## [What to produce]
Using the records below, report how many lines hold "LinkIntent", with no extra text.
** Data records follows **
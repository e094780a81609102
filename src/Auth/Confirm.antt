-- ===== src/Auth/Confirm.antt =====
-- The end of a link: confirming and revoking it (lobby-server/src/db/sessions.rs).
use mathlib.Core.Option
use steam_lobby.Prelude.{
  String, Bool, true, false, not, ◌&&◌, ◌||◌, ◌==◌, str_eq, Option, none, some, is_none, is_some,
  ltb, if◌then◌else◌, option_eq, List, [], ◌∷◌, ◌++◌, any, find, select, modify,
}
use steam_lobby.Core.Types.{Uuid, DateTime}
use steam_lobby.Core.Error.{ok}
use steam_lobby.Core.Action.{Action, modifies}
use steam_lobby.Auth.State.{Auth, Hash, ProviderSession, LinkIntent, LinkStatus, Identity}
use steam_lobby.Auth.Sessions.{
  row_where, browser_of, native_of, is_provider_session, update_where, revoke_browser,
}
use steam_lobby.Auth.Accounts.{is_identity, is_account_of, owner_in, has_account_in, new_identity}

pub data ConfirmError : Type 0 where
  session_mismatch replayed expired steam_required ownership_conflict : ConfirmError

pub data Confirmation : Type 0 where
  linked : Confirmation
  rejected : ConfirmError → Confirmation

abbrev pub is_pending : LinkStatus → Bool
is_pending LinkStatus.pending = true
is_pending _ = false

-- the row of the join of link_intents and provider_sessions
abbrev pub intent_row : Uuid → Option LinkIntent → Auth → Option (LinkIntent × ProviderSession)
intent_row user none s = none
intent_row user (some li) s =
    if li.user_id == user
    then Option.map (λ ps. (li, ps)) (s.provider_sessions li.provider_session_hash)
    else none

-- stored_kind != kind, or the intent belongs to another session
abbrev is_other_session : LinkIntent → String → Uuid → Bool
is_other_session li kind session =
    not (str_eq li.kind kind)
    || (str_eq kind "browser" && not (option_eq li.browser_session_id (some session)))
    || (str_eq kind "native" && not (option_eq li.native_session_id (some session)))

-- the session is live; no session is of another kind
abbrev is_live_session : String → Uuid → Uuid → Auth → Bool
is_live_session kind session user s =
    if str_eq kind "browser"
    then is_some (row_where (browser_of user s.now) (s.browser_sessions session))
    else if str_eq kind "native"
    then is_some (row_where (native_of user s.now) (s.native_sessions session))
    else false

abbrev pub discord_uid_of : Uuid → List Identity → Option String
discord_uid_of user rows =
    Option.map (λ r. r.provider_uid) (find (is_account_of user "discord") rows)

abbrev pub is_other_user : Uuid → Option Uuid → Bool
is_other_user user none = false
is_other_user user (some owner) = not (owner == user)

abbrev pub is_other_uid : String → Option String → Bool
is_other_uid uid none = false
is_other_uid uid (some stored) = not (str_eq stored uid)

-- after a failed INSERT: the rows must say already what it was to say
abbrev is_linked : String → Uuid → List Identity → Bool
is_linked uid user rows =
    option_eq (owner_in "discord" uid rows) (some user)
    && not (is_none (discord_uid_of user rows))
    && not (is_other_uid uid (discord_uid_of user rows))

-- The rows with the link: INSERT INTO accounts where nobody owns the subject, which fails where a row
-- has one of its keys.
abbrev pub linked_rows : String → Uuid → DateTime → List Identity → Option (List Identity)
linked_rows uid user now rows =
    if is_some (owner_in "discord" uid rows)
    then some rows
    else if any (is_identity "discord" uid) rows || any (is_account_of user "discord") rows
    then (if is_linked uid user rows then some rows else none)
    else some (rows ++ new_identity "discord" uid user now ∷ [])

abbrev committed_if : LinkIntent → LinkIntent
committed_if li = if is_pending li.status then record li { status = LinkStatus.committed } else li

abbrev consumed_proof : DateTime → ProviderSession → ProviderSession
consumed_proof now ps = if is_none ps.consumed_at then record ps { consumed_at = some now } else ps

abbrev commit : Uuid → Hash → List Identity → Auth → Auth
commit id proof rows s = record s {
  accounts = rows;
  provider_sessions = modify proof (consumed_proof s.now) s.provider_sessions;
  link_intents = modify id committed_if s.link_intents;
}

abbrev commit_if : Option (List Identity) → Uuid → Hash → Auth → Confirmation × Auth
commit_if none id proof s = (rejected ConfirmError.ownership_conflict, s)
commit_if (some rows) id proof s = (linked, commit id proof rows s)

-- the checks in order, and the writes
abbrev confirm_on :
    Option (LinkIntent × ProviderSession) → Uuid → Uuid → String → Uuid → Auth → Confirmation × Auth
confirm_on none id user kind session s = (rejected ConfirmError.session_mismatch, s)
confirm_on (some (li, ps)) id user kind session s =
    let uid = ps.provider_uid in
    if not (is_pending li.status) || is_some ps.consumed_at
    then (rejected ConfirmError.replayed, s)
    else if not (ltb s.now li.expires_at) || not (ltb s.now ps.expires_at)
    then (rejected ConfirmError.expired, s)
    else if is_other_session li kind session || not (is_live_session kind session user s)
    then (rejected ConfirmError.session_mismatch, s)
    else if not (has_account_in user "steam" s.accounts)
    then (rejected ConfirmError.steam_required, s)
    else if is_other_user user (owner_in "discord" uid s.accounts)
        || is_other_uid uid (discord_uid_of user s.accounts)
    then (rejected ConfirmError.ownership_conflict, s)
    else commit_if (linked_rows uid user s.now s.accounts) id li.provider_session_hash s

unfoldable pub confirm_discord_link : Uuid → Uuid → String → Uuid → Action Auth Confirmation
confirm_discord_link id user kind session s =
    let (answer, after) =
      confirm_on (intent_row user (s.link_intents id) s) id user kind session s in
    (ok answer, after)

unfoldable pub revoke_discord_link : Uuid → Action Auth (Unit {0})
revoke_discord_link user = modifies λ s. record s {
  accounts = select (λ r. not (is_account_of user "discord" r)) s.accounts;
  browser_sessions =
      update_where (is_provider_session user "discord") (revoke_browser s.now) s.browser_sessions;
}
** End of Data records **
## [Written solution]
5